For MAPPO with centralized_critic=True, the critic receives env.state_space and env.get_state() outputs. For IPPO, or MAPPO with centralized_critic=False, each critic receives that agent’s local observation space and local observations. Actors always receive per-agent local observations.

Parameter sharing is controlled by the multi-agent config:

share_actor=True creates one actor instance and reuses it for all agents. This requires identical observation and action spaces across agents.
HAPPO uses share_actor=False so each agent has a separate policy for its sequential update.
share_critic=True creates one critic instance and reuses it for all agents.
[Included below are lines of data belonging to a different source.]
-- ===== src/Gateway/Tests.antt =====
-- internal/gateway: the theorems at inputs that meet their hypotheses, and runs.
use costguard.Base.{
  ℕ, zero, suc, ◌*◌, ◌/◌, ◌<◌, ◌≡◌, inl, refl, true, false, String, [], ◌∷◌, none, some, runes, ℤ,
  pos, negsuc, arith, Dict,
}
use costguard.Base.Float.Scaled.{scaled, scale}
use costguard.Breaker.{Breaker, new, default_policy, allow, refresh, admit, open_}
use costguard.Breaker.Registry.{Registry, for_provider}
use costguard.Providers.{upstream_failure}
use costguard.Gateway.Errors.{
  GoError, plain_error, is_timeout_error, is_5xx_error, gateway_error_category,
}
use costguard.Gateway.Retry.{
  RetryPolicy, default_retry_policy, World, Reply, replied, errored, Response, absent,
  call_with_retry, has_reason, on_reply, attempts_from, exponential_backoff,
}
use costguard.Gateway.Retry.Loop.{again, settle, retries_until}
use costguard.Gateway.Calls.{call_through_breaker, call_provider_with_fallback}
use costguard.Gateway.Calls.Through.{fallback_model, refused_request_falls_back}

abbrev timed_out : GoError
timed_out = record {
  message = runes "context deadline exceeded";
  deadline_exceeded = true;
  net_error = some true;
  dns_error = false;
  upstream_status = none;
}

-- A client that goes away ends its request with this error, which counts as the provider's failure.
abbrev canceled : GoError
canceled = plain_error (runes "context canceled")

canceled_is_upstream_failure : gateway_error_category canceled ≡ upstream_failure
unfolding gateway_error_category is_timeout_error is_5xx_error
canceled_is_upstream_failure = refl

abbrev fine : Response scaled
fine = record { status_code = 200; retry_after = absent; content = 1 }

abbrev policy : RetryPolicy
policy = record default_retry_policy { max_attempts = 3; retry_on_timeout = true }

abbrev natural : ℤ → ℕ
natural (pos n) = n * scale
natural (negsuc n) = 0

abbrev calls_of : ℕ → Reply scaled
calls_of zero = errored timed_out
calls_of (suc n) = replied (some fine)

-- The first call times out, the second is answered; the random number is 1/2.
abbrev world : World scaled
world = record {
  to_float = natural;
  to_duration = λ c. pos (c / scale);
  random = λ n. scale / 2;
  do_call = calls_of;
  done = λ n. false;
  done_waiting = λ n. false;
  context_error = canceled;
}

waits_once : (call_with_retry scaled world policy "openai").waits ≡ pos 500_000_000 ∷ []
unfolding call_with_retry attempts_from on_reply has_reason is_timeout_error exponential_backoff
    default_retry_policy
waits_once = refl

retries_until_example :
    ((call_with_retry scaled world policy "openai").answer
      ≡ settle scaled world policy "openai" (replied (some fine)))
    × ((call_with_retry scaled world policy "openai").calls ≡ 2)
unfolding has_reason is_timeout_error
retries_until_example =
    retries_until scaled world policy "openai" 1 (omega arith) first_retried refl (inl refl)
  where
    first_retried :
        (i : ℕ)
        → i < 1
        → (world.done i ≡ false)
          × (again scaled world policy "openai" (calls_of i) ≡ true)
          × (world.done_waiting i ≡ false)
    first_retried zero h = (refl, refl, refl)
    first_retried (suc i) h = absurd (omega arith)

-- A breaker that has opened at 10.
abbrev tripped : Breaker
tripped = record (new default_policy) { state = open_; failures = 5; trip_time = 10 }

abbrev registry : Registry
registry = record {
  heap = tripped ∷ [];
  breakers = ("openai", 0) ∷ [];
  defaults = default_policy;
  overrides = [];
}

abbrev compatibility : Dict (Dict String)
compatibility = ("gpt-4o", ("google", "gemini-2.5-pro") ∷ []) ∷ []

refused_request_falls_back_example :
    let out = call_through_breaker scaled registry (λ r. r) 11 12 "openai" (replied (some fine)) in
    let m = fallback_model scaled compatibility "gpt-4o" "google" in
    (out.1 ≡ false)
    × (call_provider_with_fallback scaled compatibility "google" "openai" "gpt-4o" out.0
          (λ m. replied (some fine))
          (λ m. none)
        ≡ record { answer = replied (some fine); provider = "google"; model = m })
unfolding for_provider allow refresh admit new
refused_request_falls_back_example =
    refused_request_falls_back scaled registry (λ r. r) 11 12 compatibility "google" "openai"
      "gpt-4o" (replied (some fine)) (λ m. replied (some fine)) (λ m. none) tripped refl refl refl
      refl refl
With decentralized critics, this requires identical observation spaces; with centralized critics, all critics consume the shared state space.
Set either flag to False when agents need separate model parameters.
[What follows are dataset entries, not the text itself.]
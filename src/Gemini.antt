-- ===== src/Gemini.antt =====
-- internal/providers/gemini: the translation between OpenAI's wire format and Gemini's.
pub mod Types
pub mod Parts
pub mod Request
pub mod Contents
pub mod Response
pub mod Stream
mod Tests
You can also pass already constructed ApexRL actor/critic objects through the models dictionary. This is useful for heterogeneous agents or for manually sharing selected modules:

models = {
    "agent_0": {"policy": actor_0, "value": critic_0},
    "agent_1": {"policy": actor_1, "value": critic_1},
}

agent = MAPPO(
    possible_agents=["agent_0", "agent_1"],
    observation_spaces=observation_spaces,
    action_spaces=action_spaces,
    state_space=state_space,
    models=models,
    cfg=MAPPOConfig(centralized_critic=True),
)

For more complex multi-agent networks, prefer representing entities with fixed structured observations, such as spaces.Dict entries, padded tensors and masks. Attention, DeepSets, GNN and transformer-style encoders can then be implemented inside the actor or critic without changing MAPPO/IPPO/HAPPO.

Best Practices¶

Keep the observation structure explicit instead of flattening everything immediately.
Let the environment expose actor and critic groups as obs and privileged_obs.
Use DiscreteActor for discrete PPO and ContinuousActor for continuous PPO.
For SAC, keep custom critics in ContinuousQNetwork form, i.e. forward(obs, actions).
Prefer explicit branch encoders for image + vector inputs instead of a single flat MLP.
For MAPPO/IPPO/HAPPO, use local per-agent observations in actors and choose centralized or decentralized critic observations through the algorithm config.